WORK INSTRUCTION: Using the listing below, print exactly everything from the line with "device = d;" down to the line with "l ++ ((t + (L.calculate_bytes_tx_time", both included, and nothing more.

##############################

-- ===== src/Link/Transmitting.antt =====
-- model/custom-p2p-net-device.cc: a call of `SendFrom` and a completion, with the simulator around them.
use p4simulator.Base.{
  ℕ, ◌+◌, ◌≤◌, ◌≡◌, ◌≢◌, refl, subst, sym, ap, ◌∙◌, Bool, true, none, some, List, [], ◌∷◌, ◌++◌,
  arith, Bool-cases, inl, inr, ◌⊎◌,
}
use p4simulator.Link.{Library, Device, TxMachineState, ready, busy}
use p4simulator.Link.Channel.{P4P2PChannel}
use p4simulator.Link.Transmit.{unscheduled, with_headers}
use p4simulator.Link.Begun.{
  begun, start_next-begun, start_next-idle, transmit_complete-busy, send_from-refused,
  send_from-busy, send_from-ready,
}
use p4simulator.Link.Line.{
  QueueLaws, Carries, Line, send_at, fire, later, fire_first, completed, NotBefore, taken,
}
use p4simulator.Link.LineKept.{
  InOrder, Until, InOrder-append, Until-append, Until-mono, packets, packets-append, append_assoc,
  append_nil, List-cases, StateKept, Kept,
}

module _ (L : Library) (Q : QueueLaws L) (channel : P4P2PChannel) (self other delay : ℕ)
    (carries : Carries L.Packet channel self other delay) where
  -- A line at a later time, with a device that has scheduled nothing.
  abbrev quiet : Line L → ℕ → Device L → List L.Packet → Line L
  quiet w t d accepted = record {
    now = t;
    device = d;
    pending = w.pending;
    sent = w.sent;
    accepted = accepted;
  }

  later-quiet :
      (w : Line L) (t : ℕ) (d : Device L) (accepted : List L.Packet)
      → record (later L channel self w t (unscheduled L d)) { accepted = accepted }
        ≡ quiet w t d accepted
  unfolding unscheduled
  later-quiet w t d accepted = rw (append_nil w.pending, append_nil w.sent) refl

  begun-Kept :
      (w : Line L) (t : ℕ) (d : Device L) (q : L.Queue) (p : L.Packet) (accepted : List L.Packet)
      → d.link_up ≡ true
      → w.pending ≡ []
      → InOrder other 0 w.sent
      → Until (t + delay) w.sent
      → packets w.sent ++ (p ∷ Q.contents q) ≡ accepted
      → Kept L Q delay other
          (record (later L channel self w t (begun L Q channel self other delay carries d q p)) {
            accepted = accepted;
          })
  begun-Kept w t d q p accepted up none_left times until order = record {
    up = up;
    order =
        ap (λ l. l ++ Q.contents q) (packets-append w.sent _)
        ∙ append_assoc (packets w.sent) (p ∷ []) (Q.contents q)
        ∙ order;
    times =
        InOrder-append other 0 (t + delay) w.sent _ times until (omega arith) (omega arith) refl;
    state = (
      λ e. cc,
      t + (L.calculate_bytes_tx_time d.bps (L.get_size p) + d.interframe_gap),
      ap
          (λ l.
            l ++ ((t + (L.calculate_bytes_tx_time d.bps (L.get_size p) + d.interframe_gap)) ∷ []))
          none_left,
      omega arith,
      Until-append (t + delay) _ w.sent _ until (omega arith) (omega arith),
    );
  }

  pub state-cases :
      (st : TxMachineState) (w : Line L)
      → StateKept L Q delay other st w
      → ((st ≡ ready) × StateKept L Q delay other ready w)
        ⊎ ((st ≡ busy) × StateKept L Q delay other busy w)
  state-cases ready w k = inl (refl, k)
  state-cases busy w k = inr (refl, k)

  -- A completion ends idle, or busy with the packet that was first in the queue.
  abbrev pub Completes : Line L → Line L → Type 0
  Completes w w' =
      (w'.accepted ≡ w.accepted)
      × (((Q.contents w.device.queue ≡ []) × (w'.device.tx_machine_state ≡ ready))
          ⊎ ((p : L.Packet) × (ps : List L.Packet) × (Q.contents w.device.queue ≡ p ∷ ps)
              × (Q.contents w'.device.queue ≡ ps)
              × (w'.device.tx_machine_state ≡ busy)))

  -- A completion runs, from a busy transmitter, and what holds is kept.
  pub complete-ends :
      (w : Line L)
      → Kept L Q delay other w
      → w.pending ≢ []
      → (w' : Line L) × (fire L channel self w ≡ some w') × Kept L Q delay other w' × Completes w w'
  unfolding unscheduled
  complete-ends w k some_left = elim (state-cases w.device.tx_machine_state w k.state) [
    | inl (e, (none_queued, none_left, until)) ↦ absurd (some_left none_left)
    | inr (e, (current, t, one_left, le, until)) ↦
        let left : Line L = record w { pending = [] } in
        let idle : Device L = record w.device { tx_machine_state = ready; current_pkt = none } in
        let q : L.Queue = (L.dequeue w.device.queue).0 in
        let fires =
          ap (fire_first L channel self w) one_left
          ∙ ap (completed L channel self left t)
              (transmit_complete-busy L Q channel self other delay carries w.device e current) in
        elim (List-cases (Q.contents w.device.queue)) [
          | inl empty ↦ (
            later L channel self left t (unscheduled L (record idle { queue = q })),
            fires
                ∙ ap (completed L channel self left t) (
                    start_next-idle L Q channel self other delay carries idle _
                      (Q.lacks _ empty).0),
            subst (Kept L Q delay other)
                (sym (later-quiet left t (record idle { queue = q }) w.accepted))
                (record {
                  up = k.up;
                  order = ap (λ l. packets w.sent ++ l) ((Q.lacks _ empty).1 ∙ sym empty) ∙ k.order;
                  times = k.times;
                  state = ((Q.lacks _ empty).1, refl, until);
                }),
            (refl, inl (empty, refl)),
          )
          | inr (p, ps, full) ↦ (
            later L channel self left t (begun L Q channel self other delay carries idle q p),
            fires
                ∙ ap (completed L channel self left t) (
                    start_next-begun L Q channel self other delay carries idle _ p refl
                      (Q.yields _ p ps full).0),
            begun-Kept left t idle q p w.accepted k.up refl k.times until (
                ap (λ l. packets w.sent ++ l) (ap (λ l. p ∷ l) (Q.yields _ p ps full).1 ∙ sym full)
                ∙ k.order),
            (refl, inr (p, ps, full, (Q.yields _ p ps full).1, refl)),
          )
        ]
  ]

  busy-later :
      (w : Line L) (t : ℕ) (q : L.Queue) (accepted : List L.Packet)
      → NotBefore t w.pending
      → StateKept L Q delay other busy w
      → StateKept L Q delay other busy (quiet w t (record w.device { queue = q }) accepted)
  busy-later w t q accepted nb (current, c, one_left, after, until) =
      (current, c, one_left, (subst (NotBefore t) one_left nb).0, until)

  state-later :
      (st : TxMachineState) (w : Line L) (t : ℕ) (q : L.Queue) (accepted : List L.Packet)
      → w.now ≤ t
      → NotBefore t w.pending
      → Q.contents q ≡ Q.contents w.device.queue
      → StateKept L Q delay other st w
      → StateKept L Q delay other st (quiet w t (record w.device { queue = q }) accepted)
  state-later ready w t q accepted le nb e (none_queued, none_left, until) =
      (e ∙ none_queued, none_left, Until-mono _ _ w.sent until (omega arith))
  state-later busy w t q accepted le nb e k = busy-later w t q accepted nb k

  -- A call of `SendFrom` returns, whatever it is given, and what holds is kept.
  pub send-ends :
      (w : Line L) (t : ℕ) (p : L.Packet) (source dest : L.Address) (protocol : ℕ)
      → Kept L Q delay other w
      → w.now ≤ t
      → NotBefore t w.pending
      → (w' : Line L) × (send_at L channel self w t p source dest protocol ≡ some w')
        × Kept L Q delay other w'
  send-ends w t p source dest protocol k le nb =
      let hp : L.Packet = with_headers L w.device p source dest protocol in
      let offer : L.Queue × Bool = L.enqueue w.device.queue hp in
      let alone = λ (none_queued : Q.contents w.device.queue ≡ []) (accepted : offer.1 ≡ true).
        Q.accepts _ hp accepted ∙ ap (λ l. l ++ (hp ∷ [])) none_queued in
      elim (Bool-cases offer.1) [
        | inr refused ↦ (
          record (later L channel self w t (unscheduled L (record w.device { queue = offer.0 }))) {
            accepted = w.accepted;
          },
          ap (taken L channel self w t hp) (
              send_from-refused L Q channel self other delay carries w.device p source dest protocol
                k.up refused),
          subst (Kept L Q delay other) (sym (later-quiet w t _ w.accepted)) (record {
            up = k.up;
            order = ap (λ l. packets w.sent ++ l) (Q.refuses _ hp refused) ∙ k.order;
            times = k.times;
            state =
                state-later w.device.tx_machine_state w t offer.0 w.accepted le nb
                  (Q.refuses _ hp refused) k.state;
          }),
        )
        | inl accepted ↦ elim (state-cases w.device.tx_machine_state w k.state) [
          | inl (e, (none_queued, none_left, until)) ↦ (
            record (later L channel self w t
                (begun L Q channel self other delay carries w.device (L.dequeue offer.0).0 hp)) {
                  accepted = w.accepted ++ (hp ∷ []);
                },
            ap (taken L channel self w t hp) (
                send_from-ready L Q channel self other delay carries w.device p source dest protocol
                  k.up accepted e (alone none_queued accepted)),
            begun-Kept w t w.device _ hp _ k.up none_left k.times
                (Until-mono _ _ w.sent until (omega arith))
                (ap (λ l. packets w.sent ++ (hp ∷ l))
                    (Q.yields _ hp [] (alone none_queued accepted)).1
                  ∙ ap (λ l. l ++ (hp ∷ []))
                      (sym (append_nil (packets w.sent))
                        ∙ ap (λ l. packets w.sent ++ l) (sym none_queued)
                        ∙ k.order)),
          )
          | inr (e, (current, c, one_left, after, until)) ↦ (
            record (later L channel self w t
                (unscheduled L (record w.device { queue = offer.0 }))) {
                  accepted = w.accepted ++ (hp ∷ []);
                },
            ap (taken L channel self w t hp) (
                send_from-busy L Q channel self other delay carries w.device p source dest protocol
                  k.up accepted e),
            subst (Kept L Q delay other)
                (sym
                  (later-quiet w t (record w.device { queue = offer.0 }) (w.accepted ++ (hp ∷ []))))
                (record {
                  up = k.up;
                  order =
                      ap (λ l. packets w.sent ++ l) (Q.accepts _ hp accepted)
                      ∙ sym (append_assoc (packets w.sent) (Q.contents w.device.queue) (hp ∷ []))
                      ∙ ap (λ l. l ++ (hp ∷ [])) k.order;
                  times = k.times;
                  state =
                      subst
                        (λ st. StateKept L Q delay other st (
                          quiet w t (record w.device { queue = offer.0 })
                            (w.accepted ++ (hp ∷ []))))
                        (sym e)
                        (busy-later w t offer.0 (w.accepted ++ (hp ∷ [])) nb
                          (current, c, one_left, after, until));
                }),
          )
        ]
      ]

##############################

THE COMPLETED TASK:
    device = d;
    pending = w.pending;
    sent = w.sent;
    accepted = accepted;
  }

  later-quiet :
      (w : Line L) (t : ℕ) (d : Device L) (accepted : List L.Packet)
      → record (later L channel self w t (unscheduled L d)) { accepted = accepted }
        ≡ quiet w t d accepted
  unfolding unscheduled
  later-quiet w t d accepted = rw (append_nil w.pending, append_nil w.sent) refl

  begun-Kept :
      (w : Line L) (t : ℕ) (d : Device L) (q : L.Queue) (p : L.Packet) (accepted : List L.Packet)
      → d.link_up ≡ true
      → w.pending ≡ []
      → InOrder other 0 w.sent
      → Until (t + delay) w.sent
      → packets w.sent ++ (p ∷ Q.contents q) ≡ accepted
      → Kept L Q delay other
          (record (later L channel self w t (begun L Q channel self other delay carries d q p)) {
            accepted = accepted;
          })
  begun-Kept w t d q p accepted up none_left times until order = record {
    up = up;
    order =
        ap (λ l. l ++ Q.contents q) (packets-append w.sent _)
        ∙ append_assoc (packets w.sent) (p ∷ []) (Q.contents q)
        ∙ order;
    times =
        InOrder-append other 0 (t + delay) w.sent _ times until (omega arith) (omega arith) refl;
    state = (
      λ e. cc,
      t + (L.calculate_bytes_tx_time d.bps (L.get_size p) + d.interframe_gap),
      ap
          (λ l.
            l ++ ((t + (L.calculate_bytes_tx_time d.bps (L.get_size p) + d.interframe_gap)) ∷ []))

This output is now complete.